HoltWintersResults.simulate(nsimulations, anchor=None, repetitions=1, error='add', random_errors=None, random_state=None)[source]

Random simulations using the state space formulation.

Parameters
nsimulationsint

The number of simulation steps.

anchorint, str, or datetime, optional

First period for simulation. The simulation will be conditional on all existing datapoints prior to the anchor. Type depends on the index of the given endog in the model. Two special cases are the strings ‘start’ and ‘end’. start refers to beginning the simulation at the first period of the sample, and end refers to beginning the simulation at the first period after the sample. Integer values can run from 0 to nobs, or can be negative to apply negative indexing. Finally, if a date/time index was provided to the model, then this argument can be a date string to parse or a datetime type. Default is ‘end’.

repetitionsint, optional

Number of simulated paths to generate. Default is 1 simulated path.

error{“add”, “mul”, “additive”, “multiplicative”}, optional

Error model for state space formulation. Default is "add".

random_errorsoptional

Specifies how the random errors should be obtained. Can be one of the following:

• None: Random normally distributed values with variance estimated from the fit errors drawn from numpy’s standard RNG (can be seeded with the random_state argument). This is the default option.

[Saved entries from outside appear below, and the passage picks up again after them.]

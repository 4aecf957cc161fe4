-- ===== src/Examples/System.antt =====
-- The theorems on processors, kubelet, retries, the mirror, swap and unique lines, applied to small
-- inputs.
use eks_hybrid.Base.{
  pos, All, codes, ℕ, ◌+◌, ◌==◌, ◌≤◌, String, ◌<>◌, str_eq, ◌≡◌, ◌↔◌, refl, Bool, true, false, none,
  some, List, [], ◌∷◌, ◌++◌, map, if◌then◌else◌, errorf, arith, Result, ok, err,
}
use eks_hybrid.Config.Validate.{extract_flag}
use eks_hybrid.Examples.Quiet.{empty_world, quiet_host, west}
use eks_hybrid.System.Cores.{
  Core, CpuDir, thread_count, usable, get_cores_info, get_cores_info-count,
}
use eks_hybrid.System.Online.{in_some, online_in, online_in-AllStandFor}
use eks_hybrid.Kubelet.NodeName.{
  hybrid_provider_id, get_node_name, get_node_name-hybrid_provider_id,
}
use eks_hybrid.Kubelet.Write.{Formats, kubelet_args}
use eks_hybrid.Kubelet.Flags.{kubelet_args-last}
use eks_hybrid.Retrier.{max_consecutive, state_after, max_consecutive-after_success}
use eks_hybrid.Machine.Lines.{unlines, IsLine}
use eks_hybrid.Machine.{or_empty, Bytes, pure, World}
use eks_hybrid.System.SwapSetup.{set_up_swap}
use eks_hybrid.System.SwapGone.{IsRewritten, set_up_swap-IsRewritten}
use eks_hybrid.Components.Ssm.{write_file_unique_line}
use eks_hybrid.Components.UniqueLine.{OneHolds, write_file_unique_line-OneHolds}
use eks_hybrid.Mirror.{ArtifactInfo, Downloader, collect_artifacts, custom_manifest}
use eks_hybrid.Mirror.Run.{MirrorHost, run_mirror}
use eks_hybrid.Mirror.Synced.{AllMirrored, IsWritten, run_mirror-AllMirrored}

abbrev cpu : ℕ → ℕ → CpuDir
cpu thread physical = record {
  cpu_id = ok thread;
  core_id = ok (pos physical);
  package_id = ok (pos 0);
}

-- three processors on two cores, of which the second is offline
abbrev cpus : List CpuDir
cpus = cpu 0 0 ∷ cpu 1 0 ∷ cpu 2 1 ∷ []

abbrev two_online : ℕ → Bool
two_online id = if id == 1 then false else true

abbrev cores : List Core
cores =
    record { id = pos 0; threads = 0 ∷ []; socket_id = pos 0 }
    ∷ record { id = pos 1; threads = 2 ∷ []; socket_id = pos 0 }
    ∷ []

get_cores_info-count_example : thread_count cores ≡ usable two_online cpus + 0
unfolding get_cores_info eks_hybrid.System.Cores.add_thread eks_hybrid.System.Cores.add_to_last
    thread_count
get_cores_info-count_example = get_cores_info-count two_online cpus [] cores refl

abbrev parse_digit : String → Result ℕ
parse_digit s =
    if str_eq s "0"
    then ok 0
    else if str_eq s "3"
    then ok 3
    else if str_eq s "7"
    then ok 7
    else err (errorf "syntax")

online_in-AllStandFor_example :
    online_in parse_digit 2 (("0" ∷ "3" ∷ []) ∷ ("7" ∷ []) ∷ [])
    ≡ ok (in_some parse_digit 2 ((0, 3) ∷ (7, 7) ∷ []))
online_in-AllStandFor_example =
    online_in-AllStandFor parse_digit 2 (("0" ∷ "3" ∷ []) ∷ ("7" ∷ []) ∷ []) ((0, 3) ∷ (7, 7) ∷ [])
      ((refl, refl, omega arith), ((refl, refl), tt))

get_node_name-hybrid_provider_id_example :
    get_node_name (ok (some (hybrid_provider_id "us-west-2" "prod" "mi-0123"))) ≡ ok "mi-0123"
unfolding eks_hybrid.Kubelet.NodeName.has_slash eks_hybrid.Config.Patterns.has_newline
get_node_name-hybrid_provider_id_example =
    get_node_name-hybrid_provider_id "us-west-2" "prod" "mi-0123" (λ e. cc) refl (λ e. cc) refl
      (λ e. cc) refl

abbrev formats : Formats
formats = record {
  config_json = λ c. ok [];
  merged_json = λ c d. ok [];
  user_json = λ d. ok [];
  hybrid_kubeconfig = λ v. ok [];
  kubeconfig = λ v. ok [];
  provider_json = λ n t. ok [];
  to_bytes = λ s. [];
  iterate = λ t. t;
  dir = λ p. p;
  base = λ p. p;
  provider_path = none;
}

kubelet_args-last_example :
    extract_flag ""
      (kubelet_args formats
        (("v", "2") ∷ [])
        ("--v=3" ∷ "--node-ip=::" ∷ [] ++ (("--" <> "v" <> "=" <> "4") ∷ [])))
      "v"
    ≡ "4"
kubelet_args-last_example =
    kubelet_args-last formats (("v", "2") ∷ []) ("--v=3" ∷ "--node-ip=::" ∷ []) "v" "4"

max_consecutive-after_success_example :
    (((max_consecutive 2).handle
        (state_after
          (max_consecutive 2)
          5
          ((some (errorf "a") ∷ []) ++ (none ∷ map some (errorf "b" ∷ []))))
        (some (errorf "c"))).0
      ≡ none)
    ↔ (2 ≤ 2)
max_consecutive-after_success_example =
    max_consecutive-after_success 2 5 (some (errorf "a") ∷ []) (errorf "b" ∷ []) (errorf "c")

abbrev downloader : Downloader
downloader = record {
  source = record {
    eks = record {
      version = "1.31.2";
      patch_version = "2";
      release_date = "2025-01-01";
      artifacts =
          record {
            name = "kubelet";
            arch = "amd64";
            os = "linux";
            uri = "https://kubelet";
            checksum_uri = "https://kubelet.sha256";
            gzip_uri = "";
          }
          ∷ [];
    };
    iam = record { version = "1.2.0"; artifacts = [] };
    region_info = west;
  };
  arch = "amd64";
  os = "linux";
  region = "us-west-2";
  s3_bucket = "mirror";
  s3_prefix = "nodes/";
  timestamp = "1700000000";
}

abbrev mirror_host : MirrorHost
mirror_host = record {
  get = λ url. pure (200, 1 ∷ 2 ∷ []);
  upload = λ key b. pure tt;
  head_bucket = pure tt;
  error_text = λ e. "";
  marshal = λ manifest. ok [];
}

run_mirror-AllMirrored_example :
    (found : List ArtifactInfo) × (collect_artifacts downloader ≡ ok found)
    × AllMirrored quiet_host mirror_host downloader
        (custom_manifest downloader found)
        found
        empty_world
    × IsWritten quiet_host mirror_host downloader
        (custom_manifest downloader found)
        (run_mirror quiet_host mirror_host downloader empty_world).1
unfolding eks_hybrid.Mirror.Run.run_mirror eks_hybrid.Machine.◌>>=◌ eks_hybrid.Machine.wrapping
    collect_artifacts eks_hybrid.Mirror.eks_infos eks_hybrid.Mirror.find_artifact
    eks_hybrid.Mirror.Run.sync_all eks_hybrid.Mirror.Run.sync_artifact
    eks_hybrid.Mirror.Run.stream_to_s3 eks_hybrid.Mirror.ssm_installer_url
    eks_hybrid.Mirror.Run.generate_custom_manifest eks_hybrid.Machine.os_write_file
run_mirror-AllMirrored_example =
    run_mirror-AllMirrored quiet_host mirror_host downloader empty_world tt

-- a machine on which /proc/swaps lists one file, and /etc/fstab mounts it
abbrev fstab : List Bytes
fstab = codes "# disks" ∷ codes "/dev/a / ext4" ∷ codes "/swapfile none swap" ∷ []

abbrev swap_world : World
swap_world = record empty_world {
  files = λ p.
      if str_eq p "/etc/fstab"
      then some (unlines fstab)
      else if str_eq p "/proc/swaps"
      then some (unlines (codes "Filename" ∷ codes "/swapfile file 1 0 0" ∷ []))
      else none;
}

fstab-IsLine : All IsLine fstab
unfolding eks_hybrid.Machine.Lines.has_break eks_hybrid.Machine.Lines.drop_return
fstab-IsLine =
    ((refl, refl, omega arith), ((refl, refl, omega arith), ((refl, refl, omega arith), tt)))

set_up_swap-IsRewritten_example :
    IsRewritten fstab (set_up_swap quiet_host (λ b. "/swapfile") "/proc/swaps" swap_world).1
unfolding set_up_swap eks_hybrid.Machine.◌>>=◌ eks_hybrid.System.SwapSetup.get_swapfile_paths
    eks_hybrid.Machine.os_open eks_hybrid.Rules.Swap.swap_areas eks_hybrid.Machine.Lines.scan_from
    unlines eks_hybrid.Machine.Lines.drop_return eks_hybrid.Rules.Swap.partition_swap_exists
    eks_hybrid.Artifact.Checksum.bytes_eq eks_hybrid.System.SwapSetup.swap_off
    eks_hybrid.System.SwapSetup.turn_off eks_hybrid.Machine.act eks_hybrid.Machine.reporting
    eks_hybrid.System.SwapSetup.disable_swap_on_fstab eks_hybrid.Rules.Swap.kept_lines
    eks_hybrid.System.SwapSetup.rewrite_fstab eks_hybrid.Machine.io_copy
    eks_hybrid.Machine.os_open_trunc eks_hybrid.Rules.Swap.fields_from
    eks_hybrid.Rules.Swap.parse_fstab_line eks_hybrid.Rules.Swap.parse_proc_swaps_line
    eks_hybrid.Rules.Swap.trim_left
set_up_swap-IsRewritten_example =
    set_up_swap-IsRewritten quiet_host (λ b. "/swapfile") "/proc/swaps" fstab swap_world
      fstab-IsLine refl tt

-- a machine with one line in gpg's configuration
abbrev gpg_lines : List Bytes
gpg_lines = codes "use-agent" ∷ []

abbrev gpg_world : World
gpg_world = record empty_world {
  files = λ p. if str_eq p "/root/.gnupg/gpg.conf" then some (unlines gpg_lines) else none;
}

write_file_unique_line-OneHolds_example : OneHolds (codes "no-tty") gpg_lines (
    or_empty (
      (write_file_unique_line quiet_host "/root/.gnupg/gpg.conf" (codes "no-tty") gpg_world).1.files
        "/root/.gnupg/gpg.conf"))
unfolding write_file_unique_line eks_hybrid.Machine.Lines.has_break
    eks_hybrid.Machine.Lines.drop_return eks_hybrid.Machine.◌>>=◌ eks_hybrid.Machine.act
    eks_hybrid.Machine.os_open_append eks_hybrid.Components.Ssm.some_line_holds
    eks_hybrid.Machine.Lines.scan_from unlines eks_hybrid.Components.Ssm.holds
    eks_hybrid.Machine.os_write_file
write_file_unique_line-OneHolds_example =
    write_file_unique_line-OneHolds quiet_host "/root/.gnupg/gpg.conf" (codes "no-tty") gpg_lines
      gpg_world ((refl, refl, omega arith), tt) refl tt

• A distribution function from scipy.stats, e.g. scipy.stats.norm: Fits the distribution function to the fit errors and draws from the fitted distribution. Note the difference between scipy.stats.norm and scipy.stats.norm(), the latter one is a frozen distribution function.

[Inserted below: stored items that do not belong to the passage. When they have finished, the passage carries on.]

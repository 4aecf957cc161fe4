-- ===== src/Flows.antt =====
-- internal/flows: nodeadm's install, uninstall, upgrade and init.
pub mod Store
pub mod Install
pub mod Uninstall
pub mod Init
pub mod Upgrade
pub mod Saved
pub mod Installed
pub mod Loaded
pub mod Absent
pub mod Removed
pub mod Phases
pub mod Upgraded
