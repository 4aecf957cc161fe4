-- ===== src/Kubelet.antt =====
-- internal/kubelet: the configuration and the daemon
pub mod NodeName
pub mod Defs
pub mod Config
pub mod Write
pub mod Flags
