-- ===== src/Node.antt =====
-- internal/node: a node of the cluster, and the provider of hybrid nodes
pub mod Skew
pub mod Roles
pub mod Drained
pub mod Inactive
pub mod Registry
pub mod Enrich
pub mod Aws
pub mod Credentials
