-- ===== src/Node/Enrich.antt =====
-- internal/node/hybrid/configenricher.go and getCluster of hybrid.go. DescribeCluster and the
-- base64 decoder are parameters.
use eks_hybrid.Base.{
  String, str_eq, if◌then◌else◌, ◌≡◌, refl, Bool, true, false, ◌||◌, Option, none, some, errorf,
  panic, Result, ok, err, Bool-cases, Option-cases, inl, inr,
}
use eks_hybrid.Machine.{Bytes}
use eks_hybrid.Release.Defs.{RegionData}
use eks_hybrid.Config.Defs.{ClusterDetails, NodeConfig}
use eks_hybrid.Config.Validate.{or_default}
use eks_hybrid.Node.Registry.{RegistryHost, get_hybrid_registry, sandbox_image_of}

-- types.Cluster: what is read of it, a nil pointer on the way to a value being `none`
pub record EksCluster : Type 0 where
  pub status : String
  pub has_remote_network_config : Bool
  pub endpoint : Option String
  pub certificate_authority : Option String
  pub service_ipv4_cidr : Option String

pub record HybridNodeProvider : Type 0 where
  pub node_config : NodeConfig
  -- the cluster that DescribeCluster returned before
  pub cluster : Option EksCluster

abbrev pub deref : Option String → Result String
deref (some s) = ok s
deref none = err (panic "nil pointer dereference")

pub record ClusterService : Type 0 where
  pub describe_cluster : String → Result EksCluster
  pub decode : String → Result Bytes

abbrev pub cluster_of : HybridNodeProvider → ClusterDetails
cluster_of p = p.node_config.spec.cluster

abbrev pub with_cluster : ClusterDetails → HybridNodeProvider → HybridNodeProvider
with_cluster d p = record p {
  node_config = record p.node_config { spec = record p.node_config.spec { cluster = d } };
}

abbrev pub is_nil : Option Bytes → Bool
is_nil none = true
is_nil (some b) = false

unfoldable pub needs_cluster_details : ClusterDetails → Bool
needs_cluster_details d =
    str_eq d.api_server_endpoint "" || (is_nil d.certificate_authority || str_eq d.cidr "")

module _ (s : ClusterService) where
  abbrev pub cached :
      HybridNodeProvider → Result EksCluster → Result EksCluster × HybridNodeProvider
  cached p (ok c) = (ok c, record p { cluster = some c })
  cached p (err e) = (err e, p)

  abbrev pub cluster_or_read :
      HybridNodeProvider → Option EksCluster → Result EksCluster × HybridNodeProvider
  cluster_or_read p (some c) = (ok c, p)
  cluster_or_read p none = cached p (s.describe_cluster (cluster_of p).name)

  -- getCluster
  unfoldable pub get_cluster : HybridNodeProvider → Result EksCluster × HybridNodeProvider
  get_cluster p = cluster_or_read p p.cluster

  -- One of the three assignments, on the details as they are so far
  abbrev pub Filled : Type 0
  Filled = Result (Unit {0}) × ClusterDetails

  abbrev pub assign : {A : Type 0} → Result A → (A → ClusterDetails) → ClusterDetails → Filled
  assign (ok a) set d = (ok tt, set a)
  assign (err e) set d = (err e, d)

  abbrev pub fill_endpoint : EksCluster → ClusterDetails → Filled
  fill_endpoint c d =
      if str_eq d.api_server_endpoint ""
      then assign (deref c.endpoint) (λ e. record d { api_server_endpoint = e }) d
      else (ok tt, d)

  abbrev pub decoded_or : Result String → Result Bytes
  decoded_or (ok text) = s.decode text
  decoded_or (err e) = err e

  abbrev pub fill_authority : EksCluster → ClusterDetails → Filled
  fill_authority c d =
      if is_nil d.certificate_authority
      then assign (decoded_or (deref c.certificate_authority))
          (λ b. record d { certificate_authority = some b }) d
      else (ok tt, d)

  abbrev pub fill_cidr : EksCluster → ClusterDetails → Filled
  fill_cidr c d =
      if str_eq d.cidr ""
      then assign (deref c.service_ipv4_cidr) (λ x. record d { cidr = x }) d
      else (ok tt, d)

  abbrev pub and_then : Filled → (ClusterDetails → Filled) → Filled
  and_then (ok _, d) next = next d
  and_then (err e, d) next = (err e, d)

  unfoldable pub fill_details : EksCluster → ClusterDetails → Filled
  fill_details c d =
      if str_eq c.status "ACTIVE"
      then (if c.has_remote_network_config
          then and_then (and_then (fill_endpoint c d) (fill_authority c)) (fill_cidr c)
          else (
            err (
                errorf
                  "eks cluster does not have remoteNetworkConfig enabled, which is required for Hybrid Nodes"),
            d,
          ))
      else (err (errorf "eks cluster is not active"), d)

  abbrev pub filled_from :
      Result EksCluster × HybridNodeProvider → Result (Unit {0}) × HybridNodeProvider
  filled_from (err e, p) = (err e, p)
  filled_from (ok c, p) = let (r, d) = fill_details c (cluster_of p) in (r, with_cluster d p)

  -- ensureClusterDetails
  unfoldable pub ensure_cluster_details :
      HybridNodeProvider → Result (Unit {0}) × HybridNodeProvider
  ensure_cluster_details p = filled_from (get_cluster p)

  abbrev pub with_image : String → HybridNodeProvider → HybridNodeProvider
  with_image registry p = record p {
    node_config = record p.node_config {
      status = record p.node_config.status { sandbox_image = sandbox_image_of registry };
    };
  }

  abbrev pub enriched : HybridNodeProvider → Result String → Result (Unit {0}) × HybridNodeProvider
  enriched p (err e) = (err e, p)
  enriched p (ok registry) =
      if needs_cluster_details (cluster_of p)
      then ensure_cluster_details (with_image registry p)
      else (ok tt, with_image registry p)

  -- Enrich
  unfoldable pub enrich :
      RegistryHost → HybridNodeProvider → Option RegionData → Result (Unit {0}) × HybridNodeProvider
  enrich h p config = enriched p (get_hybrid_registry h (cluster_of p).region config)

  abbrev pub authority_or : Option Bytes → Bytes → Option Bytes
  authority_or none b = some b
  authority_or (some a) b = some a

  endpoint_filled :
      (c : EksCluster) (d : ClusterDetails) (e : String)
      → c.endpoint ≡ some e
      → fill_endpoint c d
        ≡ (ok tt, record d { api_server_endpoint = or_default d.api_server_endpoint e })
  endpoint_filled c d e q = rw q (elim (Bool-cases (str_eq d.api_server_endpoint "")) [
    | inl y ↦ rw y refl
    | inr n ↦ rw n refl
  ])

  authority_filled :
      (c : EksCluster) (d : ClusterDetails) (text : String) (ca : Bytes)
      → c.certificate_authority ≡ some text
      → s.decode text ≡ ok ca
      → fill_authority c d
        ≡ (ok tt, record d { certificate_authority = authority_or d.certificate_authority ca })
  authority_filled c d text ca q r =
      rw (q, r)
        (elim (Option-cases d.certificate_authority) [ inl y ↦ rw y refl | inr (a, y) ↦ rw y refl ])

  cidr_filled :
      (c : EksCluster) (d : ClusterDetails) (x : String)
      → c.service_ipv4_cidr ≡ some x
      → fill_cidr c d ≡ (ok tt, record d { cidr = or_default d.cidr x })
  cidr_filled c d x q =
      rw q (elim (Bool-cases (str_eq d.cidr "")) [ inl y ↦ rw y refl | inr n ↦ rw n refl ])

  -- From an active cluster that has a remote network, each of the three details that the
  -- configuration leaves open is filled in, and each that it gives stays.
  pub fill_details-open :
      (c : EksCluster) (d : ClusterDetails) (endpoint text cidr : String) (ca : Bytes)
      → c.status ≡ "ACTIVE"
      → c.has_remote_network_config ≡ true
      → c.endpoint ≡ some endpoint
      → c.certificate_authority ≡ some text
      → s.decode text ≡ ok ca
      → c.service_ipv4_cidr ≡ some cidr
      → fill_details c d ≡ (
        ok tt,
        record d {
          api_server_endpoint = or_default d.api_server_endpoint endpoint;
          certificate_authority = authority_or d.certificate_authority ca;
          cidr = or_default d.cidr cidr;
        },
      )
  unfolding fill_details
  fill_details-open c d endpoint text cidr ca e1 e2 e3 e4 e5 e6 =
      rw
        (
          endpoint_filled c d endpoint e3,
          authority_filled c _ text ca e4 e5,
          cidr_filled c _ cidr e6,
          e1,
          e2,
        )
        refl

• A frozen distribution function from scipy.stats, e.g. scipy.stats.norm(scale=2): Draws from the frozen distribution function.

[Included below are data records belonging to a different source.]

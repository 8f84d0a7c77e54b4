-- ===== src/Network/Metadata/Tests.antt =====
-- The metadata of a tracked connection.
use data_exfiltration_detect.Common.{ℕ}
use data_exfiltration_detect.Common.Text.{codes}
use data_exfiltration_detect.Network.Types.{ConnectionState, ProtocolType}
use data_exfiltration_detect.Network.TransferRateTracker.State.{TrackedTransfer}

abbrev tracked : TrackedTransfer ℕ
tracked = record {
  connection = record {
    process_id = 7;
    local_address = codes "10.0.0.5";
    local_port = 50000;
    remote_address = codes "93.184.216.34";
    remote_port = 443;
    protocol = ProtocolType.tcp;
    state = ConnectionState.established;
    timestamp = 103;
  };
  process_name = codes "curl";
  baseline_bytes_sent = 1300;
  baseline_bytes_received = 2600;
  cumulative_uploaded_bytes = 300;
  cumulative_downloaded_bytes = 600;
  upload_rate_bps = 100;
  download_rate_bps = 200;
  first_observed = 100;
  last_updated = 103;
}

• A np.ndarray with shape (nsimulations, repetitions): Uses the given values as random errors.

• "bootstrap": Samples the random errors from the fit errors.

random_stateint or np.random.RandomState, optional

A seed for the random number generator or a np.random.RandomState object. Only used if random_errors is None. Default is None.

Returns
simpd.Series, pd.DataFrame or np.ndarray

An np.ndarray, pd.Series, or pd.DataFrame of simulated values. If the original data was a pd.Series or pd.DataFrame, sim will be a pd.Series if repetitions is 1, and a pd.DataFrame of shape (nsimulations, repetitions) else. Otherwise, if repetitions is 1, a np.ndarray of shape (nsimulations,) is returned, and if repetitions is not 1 a np.ndarray of shape (nsimulations, repetitions) is returned.

Notes

The simulation is based on the state space model of the Holt-Winter’s methods. The state space model assumes that the true value at time $$t$$ is randomly distributed around the prediction value. If using the additive error model, this means:

$\begin{split}y_t &= \hat{y}_{t|t-1} + e_t\\ e_t &\sim \mathcal{N}(0, \sigma^2)\end{split}$

Using the multiplicative error model:

$\begin{split}y_t &= \hat{y}_{t|t-1} \cdot (1 + e_t)\\ e_t &\sim \mathcal{N}(0, \sigma^2)\end{split}$

Inserting these equations into the smoothing equation formulation leads to the state space equations. The notation used here follows [1].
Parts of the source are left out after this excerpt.